Bill Dutton

No. 16
- Position: Halfback

Personal information
- Born: December 9, 1918 Weston, West Virginia, U.S.
- Died: August 2, 1951 Pittsburgh, Pennsylvania, U.S.
- Listed height: 5 ft 10 in (1.78 m)
- Listed weight: 180 lb (82 kg)

Career information
- College: Pittsburgh (1939–1942)
- NFL draft: 1943 (3rd round, 25th overall pick)

Career history
- Pittsburgh Steelers (1946); New York Yankees (1947);

Awards and highlights
- First-team All-Eastern (1942);

Career NFL statistics
- Rushing yards: 169
- Rushing average: 3.2
- Receptions: 2
- Receiving yards: 68
- Total touchdowns: 2
- Stats at Pro Football Reference

= Bill Dutton (American football) =

American football player (1918–1951)

William Earl Dutton (December 9, 1918 – August 2, 1951) was an American professional football halfback in the National Football League (NFL) for the Pittsburgh Steelers. He played college football at the University of Pittsburgh and was drafted in the third round of the 1943 NFL draft by the Washington Redskins.

==Early life==
William E. Dutton was born in Weston, West Virginia. He played for the University of Pittsburgh. As a freshman in 1938, he played under coach Jock Sutherland. He dropped out of school in 1939 and then returned to play in Pittsburgh under coach Charley Bowser from 1940 to 1942. He played as halfback and in 1942, he reached 1,375 offensive yards. He went by the nickname "Wild Bill".

==Career==
Dutton was drafted in the third round by the Washington Redskins in 1943. He went into the service before he was able to play a down with them. During World War II, Dutton served in the United States Navy as a chief petty officer for 30 months and was a member of the undefeated United States Naval Training Center Bainbridge football team. After being discharged from the Navy, he played for the Chicago Cardinals. He was then traded to the Pittsburgh Steelers and played in the 1946 season. He was released by the Steelers on September 22, 1947. He also played for the New York Yankees in 1947. He was released by the Yankees on November 8, 1947.

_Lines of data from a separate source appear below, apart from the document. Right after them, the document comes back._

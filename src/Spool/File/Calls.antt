-- ===== src/Spool/File/Calls.antt =====
-- A run of calls on `FileSpool` of logjetd/src/spool.rs, and the spool that it promises: a list of records
-- and the number that has been consumed.
use logjet.Base.{ℕ, ◌≤◌, ◌<◌, ◌≡◌, List, [], ◌∷◌, ◌++◌, Option, Bool, true, false, max}
use logjet.Base.Exec.{pure, ◌>>=◌, ◌>>◌}
use logjet.Record.{OwnedRecord}
use logjet.Codec.{Libraries}
use logjet.Log.Flushing.{IsSmall}
use logjet.Protocol.Frame.{WireRecord}
use logjet.Spool.File.State.{SpoolExec}
use logjet.Spool.File.Operations.{append, flush_pending, consume_through}
use logjet.Spool.File.Cursor.{to_wire, replay_cursor_after, next_for_cursor}
use logjet.Spool.File.Newer.{newer, head}

-- A call on the spool: `next` asks a new cursor behind this number for its first record.
pub data SpoolCall : Type 0 where
  appending : OwnedRecord → SpoolCall
  flushing : SpoolCall
  next : ℕ → SpoolCall
  consuming : ℕ → SpoolCall

module _ (lib : Libraries) (capacity : ℕ) (outcome : ℕ → Option ℕ) (rounds : ℕ) where
  unfoldable pub next_after : ℕ → SpoolExec (Option WireRecord)
  next_after last_seq s = ((next_for_cursor lib rounds s (replay_cursor_after last_seq)).0, s)

  -- What the calls return: the records found.
  unfoldable pub run : List SpoolCall → SpoolExec (List (Option WireRecord))
  run [] = pure []
  run (appending r ∷ calls) = do append lib capacity outcome rounds (to_wire r); run calls
  run (flushing ∷ calls) = do flush_pending lib capacity outcome rounds; run calls
  run (consuming n ∷ calls) = do consume_through lib capacity outcome rounds n; run calls
  run (next n ∷ calls) = do r ← next_after n; rs ← run calls; pure (r ∷ rs)

-- The promise: the records that have not been consumed, in order, and the number consumed.
pub record AbstractSpool : Type 0 where
  pub records : List OwnedRecord
  pub consumed : ℕ

unfoldable pub abstract_run :
    List SpoolCall → AbstractSpool → List (Option OwnedRecord) × AbstractSpool
abstract_run [] m = ([], m)
abstract_run (appending r ∷ calls) m =
    abstract_run calls (record m { records = m.records ++ (r ∷ []) })
abstract_run (flushing ∷ calls) m = abstract_run calls m
abstract_run (consuming n ∷ calls) m =
    abstract_run calls (record { records = newer n m.records; consumed = max n m.consumed })
abstract_run (next n ∷ calls) m =
    let (found, m') = abstract_run calls m in (head (newer n m.records) ∷ found, m')

-- What the caller keeps to: records small enough for a block and newer than what has been consumed,
-- neither numbers nor times falling, and a flush between an append and the next look or
-- acknowledgement. `fresh` says that nothing was appended since the last flush.
abbrev pub IsRun : ℕ → ℕ → ℕ → ℕ → Bool → List SpoolCall → Type 0
IsRun most seq ts top fresh [] = Unit
IsRun most seq ts top fresh (appending r ∷ calls) =
    IsSmall most r
    × ((seq ≤ r.seq)
        × ((ts ≤ r.ts_unix_ns) × ((top < r.seq) × IsRun most r.seq r.ts_unix_ns top false calls)))
IsRun most seq ts top fresh (flushing ∷ calls) = IsRun most seq ts top true calls
IsRun most seq ts top fresh (next n ∷ calls) = (fresh ≡ true) × IsRun most seq ts top fresh calls
IsRun most seq ts top fresh (consuming n ∷ calls) =
    (fresh ≡ true) × IsRun most seq ts (max n top) fresh calls

abbrev pub appended : List SpoolCall → List OwnedRecord
appended [] = []
appended (appending r ∷ calls) = r ∷ appended calls
appended (flushing ∷ calls) = appended calls
appended (next n ∷ calls) = appended calls
appended (consuming n ∷ calls) = appended calls
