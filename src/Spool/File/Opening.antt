-- ===== src/Spool/File/Opening.antt =====
-- `FileSpool::open` of logjetd/src/spool.rs on a directory: the segment files in the order of their
-- numbers, and the texts of the state file and of the stream identity, if they are there.
use logjet.Base.{
  ℕ, List, [], ◌∷◌, Option, none, some, ltb, if◌then◌else◌, length, Result, ok, err, map_ok,
  map_err, ok_or,
}
use logjet.Base.Exec.{Exec, pure, lift, ◌>>=◌, ◌>>◌}
use logjet.Error.{invalid_data}
use logjet.Codec.{Codec, Libraries}
use logjet.Writer.{default_config, with_config}
use logjet.Replay.State.{parse_u64}
use logjet.Replay.StateParse.{trim}
use logjet.Spool.File.Buffered.{BufFile, call}
use logjet.Spool.File.Records.{SpoolError, failed}
use logjet.Spool.File.State.{FsyncPolicy, SegmentFile, FileSpool, next_id}
use logjet.Spool.File.Operations.{cleanup_consumed_segments}

pub record FileConfig : Type 0 where
  pub segment_size_bytes : ℕ
  pub fsync : FsyncPolicy
  pub codec : Codec
  pub max_total_bytes : ℕ
  pub block_alignment : ℕ

pub record Directory : Type 0 where
  pub segments : List SegmentFile
  pub state_text : Option (List ℕ)
  pub stream_id_text : Option (List ℕ)

abbrev pub number_in : List ℕ → Result SpoolError ℕ
number_in text = ok_or (parse_u64 (trim text)) (failed invalid_data)

abbrev pub read_consumed_state : Option (List ℕ) → Result SpoolError ℕ
read_consumed_state none = ok 0
read_consumed_state (some text) = number_in text

-- The other segments, and the number and the bytes of the one that is opened.
pub record Choice : Type 0 where
  pub older : List SegmentFile
  pub id : ℕ
  pub bytes : List ℕ

abbrev pub behind : SegmentFile → ℕ → Choice
behind f id = record { older = f ∷ []; id = id; bytes = [] }

abbrev pub onto : SegmentFile → Choice → Choice
onto f c = record c { older = f ∷ c.older }

-- A last segment with room is opened again, and else one behind it.
unfoldable pub choose_active : ℕ → List SegmentFile → Result SpoolError Choice
choose_active segment_size_bytes [] = ok (record { older = []; id = 0; bytes = [] })
choose_active segment_size_bytes (f ∷ []) =
    if ltb (length f.bytes) segment_size_bytes
    then ok (record { older = []; id = f.id; bytes = f.bytes })
    else map_ok (behind f) (next_id f.id)
choose_active segment_size_bytes (f ∷ g ∷ fs) =
    map_ok (onto f) (choose_active segment_size_bytes (g ∷ fs))

-- The spool as it is built, before anything is cleaned up.
unfoldable pub built : FileConfig → Directory → ℕ → ℕ → BufFile → Choice → FileSpool
built config d consumed stream_id file c = record {
  stream_id = stream_id;
  older = c.older;
  open_segment_id = some c.id;
  state_text = d.state_text;
  active_segment_id = c.id;
  active_writer =
      with_config file
        (record default_config { codec = config.codec; block_alignment = config.block_alignment });
  active_size_bytes = length c.bytes;
  segment_target_bytes = config.segment_size_bytes;
  fsync = config.fsync;
  codec = config.codec;
  block_alignment = config.block_alignment;
  max_total_bytes = config.max_total_bytes;
  consumed_through_seq = consumed;
}

module _ (lib : Libraries) (capacity : ℕ) (outcome : ℕ → Option ℕ) (rounds : ℕ) where
  abbrev pub change_disk : Exec BufFile SpoolError (Unit {0})
  change_disk f = let made = call outcome f in (map_err failed made.0, made.1)

  -- `read_or_create_stream_id`, with the identity that would be generated.
  unfoldable pub read_or_create_stream_id : ℕ → Option (List ℕ) → Exec BufFile SpoolError ℕ
  read_or_create_stream_id generated (some text) f = (number_in text, f)
  read_or_create_stream_id generated none f =
      let written = call outcome f in
      (map_ok (λ _. generated) (map_err failed written.0), written.1)

  -- A file with these bytes is opened for appending.
  unfoldable pub open_file : List ℕ → Exec BufFile SpoolError (Unit {0})
  open_file bytes f =
      let opened = call outcome f in (map_err failed opened.0, record opened.1 { bytes = bytes })

  abbrev pub cleaned : FileSpool → Result SpoolError FileSpool
  cleaned s =
      let done = cleanup_consumed_segments lib capacity outcome rounds s in
      map_ok (λ _. done.1) done.0

  -- What `open` computes before the cleaning: the first call creates the directory.
  unfoldable pub build : FileConfig → ℕ → Directory → Exec BufFile SpoolError (ℕ × ℕ × Choice)
  build config generated d = do
    change_disk
    consumed ← lift (read_consumed_state d.state_text)
    stream_id ← read_or_create_stream_id generated d.stream_id_text
    c ← lift (choose_active config.segment_size_bytes d.segments)
    open_file c.bytes
    pure (consumed, stream_id, c)

  abbrev pub finish :
      FileConfig
      → Directory
      → Result SpoolError (ℕ × ℕ × Choice) × BufFile
      → Result SpoolError FileSpool
  finish config d (err e, f) = err e
  finish config d (ok (consumed, stream_id, c), f) = cleaned (built config d consumed stream_id f c)

  unfoldable pub open_spool : FileConfig → ℕ → Directory → ℕ → Result SpoolError FileSpool
  open_spool config generated d calls =
      finish config d (build config generated d (record { bytes = []; buffer = []; calls = calls }))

In 1951, Dutton worked for the Pennsylvania government as a lab technician on the Penn-Lincoln Highway project.

==Personal life==
Dutton married Mary. They had two children, Mary Margaret and Barbara. He lived at 1108 Cochran Road in Mt. Lebanon, Pennsylvania.

Dutton died on August 2, 1951, at South Side Hospital in Pittsburgh. He sustained injuries earlier in the morning when he was an automobile accident on Banksville Road that threw him from his convertible.